What you should do — Set down all of the entries exactly, leaving nothing out.

Dataset entries
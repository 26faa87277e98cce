-- ===== src/TeenyBasic/Compile.antt =====
-- assembly-compiler/src/compile.c: `check_power_two` and `compile_ast`. The code that is printed is
-- returned as a list of instructions; the label counters `if_local` and `while_local` are threaded
-- through. `log2` is the function of the C library on a positive integer, cut to an int.
use Prim.Native.Nat.{bit_and}
use computer_systems.Prelude.{
  ℕ, ◌+◌, ◌*◌, ◌-◌, ◌^◌, Bool, ◌&&◌, ◌||◌, List, [], ◌∷◌, ◌++◌, ltb, ◌==◌, if◌then◌else◌,
}
use computer_systems.TeenyBasic.Ast.{Expr, num, binary, var}
use computer_systems.TeenyBasic.Asm.{
  Instr, movq_imm, push_rdi, pop_rcx, pop_rdi, cmp, addq, subq, imulq, movq_rdi_rax, cqto, idiv_rcx,
  movq_rax_rdi, load, shlq,
}

-- The offset of a variable's slot, (name - 'A' + 1) * 8.
unfoldable pub slot : ℕ → ℕ
slot name = (name - b'A' + 1) * 8

-- `value > 1 && (value & (value - 1)) == 0`, on a signed value
unfoldable pub is_power_two : ℕ → Bool
is_power_two v = ltb 1 v && (ltb v (2 ^ 63) && (bit_and v (v - 1) == 0))

-- The instructions of an operator, with its sides in rdi and rcx.
unfoldable pub operator : ℕ → List Instr
operator op =
    if (op == b'<') || ((op == b'>') || (op == b'='))
    then cmp ∷ []
    else if op == b'+'
    then addq ∷ []
    else if op == b'-'
    then subq ∷ []
    else if op == b'*'
    then imulq ∷ []
    else if op == b'/'
    then movq_rdi_rax ∷ cqto ∷ idiv_rcx ∷ movq_rax_rdi ∷ []
    else []

-- Both sides through the stack, then the operator.
unfoldable pub stacked : ℕ → List Instr → List Instr → List Instr
stacked op l r = l ++ (push_rdi ∷ (r ++ (push_rdi ∷ pop_rcx ∷ pop_rdi ∷ operator op)))

module _ (log2 : ℕ → ℕ) where
  -- A product by a literal power of two is a shift.
  unfoldable pub with_literal : ℕ → ℕ → List Instr → List Instr
  with_literal op v l =
      if (op == b'*') && is_power_two v
      then l ++ (shlq (log2 v) ∷ [])
      else stacked op l (movq_imm v ∷ [])

  unfoldable pub compile_expr : Expr → List Instr
  compile_expr (num v) = movq_imm v ∷ []
  compile_expr (var x) = load (slot x) ∷ []
  compile_expr (binary op l (num v)) = with_literal op v (compile_expr l)
  compile_expr (binary op l (var x)) = stacked op (compile_expr l) (load (slot x) ∷ [])
  compile_expr (binary op l (binary op' l' r')) =
      stacked op (compile_expr l) (compile_expr (binary op' l' r'))
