-- ===== src/TeenyBasic/Powers.antt =====
-- assembly-compiler/src/compile.c: the test of `check_power_two` holds exactly of powers of two.
use Prim.Native.Nat.{min, bit_and, digits, bit_and-bitwise}
use native.Mathlib.Nat.{pow-suc}
use computer_systems.Prelude.{
  ℕ, zero, suc, ◌+◌, ◌-◌, ◌*◌, ◌/◌, ◌%◌, ◌^◌, ◌≤◌, ◌<◌, ◌≡◌, refl, inl, inr, ◌⊎◌, true, arith,
}
use computer_systems.TeenyBasic.Compile.{is_power_two}

-- The common digits of two numbers, on a count of digits that is large enough.
common : ℕ → ℕ → ℕ → ℕ
common k x y = digits (λ _. zero) min k x y

common-count : (x k j y : ℕ) → x ≤ k → x ≤ j → common k x y ≡ common j x y
unfolding common
common-count zero zero zero y p q = refl
common-count zero zero (suc j) y p q = refl
common-count zero (suc k) zero y p q = refl
common-count zero (suc k) (suc j) y p q = refl
common-count (suc x) zero j y p q = absurd (omega arith)
common-count (suc x) (suc k) zero y p q = absurd (omega arith)
common-count (suc x) (suc k) (suc j) y p q =
    omega (arith, common-count (suc x / 2) k j (y / 2) (omega arith) (omega arith))

-- The lowest digit of `bit_and`, and the others.
bit_and-halves : (x y : ℕ) → bit_and x y ≡ bit_and (x / 2) (y / 2) * 2 + min (x % 2) (y % 2)
unfolding common
bit_and-halves zero y = omega (arith, bit_and-bitwise zero y, bit_and-bitwise zero (y / 2))
bit_and-halves (suc x) y = omega (
  arith,
  bit_and-bitwise (suc x / 2) (y / 2),
  bit_and-bitwise (suc x) y,
  common-count (suc x / 2) x (suc x / 2) (y / 2) (omega arith) (omega arith),
)

bit_and_self : (bound x : ℕ) → x ≤ bound → bit_and x x ≡ x
bit_and_self bound zero h = refl
bit_and_self zero (suc x) h = absurd (omega arith)
bit_and_self (suc bound) (suc x) h =
    omega (arith, bit_and-halves (suc x) (suc x), bit_and_self bound (suc x / 2) (omega arith))

-- A positive number that shares no digit with its predecessor is a power of two.
power_of_disjoint :
    (bound v : ℕ) → v ≤ bound → 0 < v → bit_and v (v - 1) ≡ 0 → (k : ℕ) × (v ≡ 2 ^ k)
power_of_disjoint zero v h pos disjoint = absurd (omega arith)
power_of_disjoint (suc bound) v h pos disjoint = elim (parity v) [
  | inl even ↦
      let halves = bit_and-halves v (v - 1) in
      let e : (v - 1) / 2 ≡ v / 2 - 1 = omega arith in
      let rest : bit_and (v / 2) (v / 2 - 1) ≡ 0 = rw (← e) (omega arith) in
      let (k, half) = power_of_disjoint bound (v / 2) (omega arith) (omega arith) rest in
      (suc k, omega (arith, pow-suc 2 k))
  | inr odd ↦
      let halves = bit_and-halves v (v - 1) in
      let e : (v - 1) / 2 ≡ v / 2 = omega arith in
      let self = bit_and_self (v / 2) (v / 2) (omega arith) in
      let none_left : v / 2 ≡ 0 = omega (arith, rw e at halves) in (0, omega arith)
]
  where
    parity : (v : ℕ) → (v % 2 ≡ 0) ⊎ (v % 2 ≡ 1)
    parity v = omega arith

pub is_power_two-pow : (v : ℕ) → is_power_two v ≡ true → (k : ℕ) × (v ≡ 2 ^ k) × (2 ^ k < 2 ^ 63)
unfolding is_power_two
is_power_two-pow v h =
    let above : 1 < v = ground arith in
    let fits : v < 2 ^ 63 = ground arith in
    let disjoint : bit_and v (v - 1) ≡ 0 = ground arith in
    let (k, e) = power_of_disjoint v v (omega arith) (omega arith) disjoint in (k, e, omega arith)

Finished exercise —
repository 26faa87277e98cce
-- ===== src/TeenyBasic/Compile.antt =====
-- assembly-compiler/src/compile.c: `check_power_two` and `compile_ast`. The code that is printed is
-- returned as a list of instructions; the label counters `if_local` and `while_local` are threaded
-- through. `log2` is the function of the C library on a positive integer, cut to an int.
use Prim.Native.Nat.{bit_and}
use computer_systems.Prelude.{
  ℕ, ◌+◌, ◌*◌, ◌-◌, ◌^◌, Bool, ◌&&◌, ◌||◌, List, [], ◌∷◌, ◌++◌, ltb, ◌==◌, if◌then◌else◌,
}
use computer_systems.TeenyBasic.Ast.{Expr, num, binary, var}
use computer_systems.TeenyBasic.Asm.{
  Instr, movq_imm, push_rdi, pop_rcx, pop_rdi, cmp, addq, subq, imulq, movq_rdi_rax, cqto, idiv_rcx,
  movq_rax_rdi, load, shlq,
}

-- The offset of a variable's slot, (name - 'A' + 1) * 8.
unfoldable pub slot : ℕ → ℕ
slot name = (name - b'A' + 1) * 8

-- `value > 1 && (value & (value - 1)) == 0`, on a signed value
unfoldable pub is_power_two : ℕ → Bool
is_power_two v = ltb 1 v && (ltb v (2 ^ 63) && (bit_and v (v - 1) == 0))

-- The instructions of an operator, with its sides in rdi and rcx.
unfoldable pub operator : ℕ → List Instr
operator op =
    if (op == b'<') || ((op == b'>') || (op == b'='))
    then cmp ∷ []
    else if op == b'+'
    then addq ∷ []
    else if op == b'-'
    then subq ∷ []
    else if op == b'*'
    then imulq ∷ []
    else if op == b'/'
    then movq_rdi_rax ∷ cqto ∷ idiv_rcx ∷ movq_rax_rdi ∷ []
    else []

-- Both sides through the stack, then the operator.
unfoldable pub stacked : ℕ → List Instr → List Instr → List Instr
stacked op l r = l ++ (push_rdi ∷ (r ++ (push_rdi ∷ pop_rcx ∷ pop_rdi ∷ operator op)))

module _ (log2 : ℕ → ℕ) where
  -- A product by a literal power of two is a shift.
  unfoldable pub with_literal : ℕ → ℕ → List Instr → List Instr
  with_literal op v l =
      if (op == b'*') && is_power_two v
      then l ++ (shlq (log2 v) ∷ [])
      else stacked op l (movq_imm v ∷ [])

  unfoldable pub compile_expr : Expr → List Instr
  compile_expr (num v) = movq_imm v ∷ []
  compile_expr (var x) = load (slot x) ∷ []
  compile_expr (binary op l (num v)) = with_literal op v (compile_expr l)
  compile_expr (binary op l (var x)) = stacked op (compile_expr l) (load (slot x) ∷ [])
  compile_expr (binary op l (binary op' l' r')) =
      stacked op (compile_expr l) (compile_expr (binary op' l' r'))
-- ===== src/TeenyBasic/Powers.antt =====
-- assembly-compiler/src/compile.c: the test of `check_power_two` holds exactly of powers of two.
use Prim.Native.Nat.{min, bit_and, digits, bit_and-bitwise}
use native.Mathlib.Nat.{pow-suc}
use computer_systems.Prelude.{
  ℕ, zero, suc, ◌+◌, ◌-◌, ◌*◌, ◌/◌, ◌%◌, ◌^◌, ◌≤◌, ◌<◌, ◌≡◌, refl, inl, inr, ◌⊎◌, true, arith,
}
use computer_systems.TeenyBasic.Compile.{is_power_two}

-- The common digits of two numbers, on a count of digits that is large enough.
common : ℕ → ℕ → ℕ → ℕ
common k x y = digits (λ _. zero) min k x y

common-count : (x k j y : ℕ) → x ≤ k → x ≤ j → common k x y ≡ common j x y
unfolding common
common-count zero zero zero y p q = refl
common-count zero zero (suc j) y p q = refl
common-count zero (suc k) zero y p q = refl
common-count zero (suc k) (suc j) y p q = refl
common-count (suc x) zero j y p q = absurd (omega arith)
common-count (suc x) (suc k) zero y p q = absurd (omega arith)
common-count (suc x) (suc k) (suc j) y p q =
    omega (arith, common-count (suc x / 2) k j (y / 2) (omega arith) (omega arith))

-- The lowest digit of `bit_and`, and the others.
bit_and-halves : (x y : ℕ) → bit_and x y ≡ bit_and (x / 2) (y / 2) * 2 + min (x % 2) (y % 2)
unfolding common
bit_and-halves zero y = omega (arith, bit_and-bitwise zero y, bit_and-bitwise zero (y / 2))
bit_and-halves (suc x) y = omega (
  arith,
  bit_and-bitwise (suc x / 2) (y / 2),
  bit_and-bitwise (suc x) y,
  common-count (suc x / 2) x (suc x / 2) (y / 2) (omega arith) (omega arith),
)

bit_and_self : (bound x : ℕ) → x ≤ bound → bit_and x x ≡ x
bit_and_self bound zero h = refl
bit_and_self zero (suc x) h = absurd (omega arith)
bit_and_self (suc bound) (suc x) h =
    omega (arith, bit_and-halves (suc x) (suc x), bit_and_self bound (suc x / 2) (omega arith))

-- A positive number that shares no digit with its predecessor is a power of two.
power_of_disjoint :
    (bound v : ℕ) → v ≤ bound → 0 < v → bit_and v (v - 1) ≡ 0 → (k : ℕ) × (v ≡ 2 ^ k)
power_of_disjoint zero v h pos disjoint = absurd (omega arith)
power_of_disjoint (suc bound) v h pos disjoint = elim (parity v) [
  | inl even ↦
      let halves = bit_and-halves v (v - 1) in
      let e : (v - 1) / 2 ≡ v / 2 - 1 = omega arith in
      let rest : bit_and (v / 2) (v / 2 - 1) ≡ 0 = rw (← e) (omega arith) in
      let (k, half) = power_of_disjoint bound (v / 2) (omega arith) (omega arith) rest in
      (suc k, omega (arith, pow-suc 2 k))
  | inr odd ↦
      let halves = bit_and-halves v (v - 1) in
      let e : (v - 1) / 2 ≡ v / 2 = omega arith in
      let self = bit_and_self (v / 2) (v / 2) (omega arith) in
      let none_left : v / 2 ≡ 0 = omega (arith, rw e at halves) in (0, omega arith)
]
  where
    parity : (v : ℕ) → (v % 2 ≡ 0) ⊎ (v % 2 ≡ 1)
    parity v = omega arith

pub is_power_two-pow : (v : ℕ) → is_power_two v ≡ true → (k : ℕ) × (v ≡ 2 ^ k) × (2 ^ k < 2 ^ 63)
unfolding is_power_two
is_power_two-pow v h =
    let above : 1 < v = ground arith in
    let fits : v < 2 ^ 63 = ground arith in
    let disjoint : bit_and v (v - 1) ≡ 0 = ground arith in
    let (k, e) = power_of_disjoint v v (omega arith) (omega arith) disjoint in (k, e, omega arith)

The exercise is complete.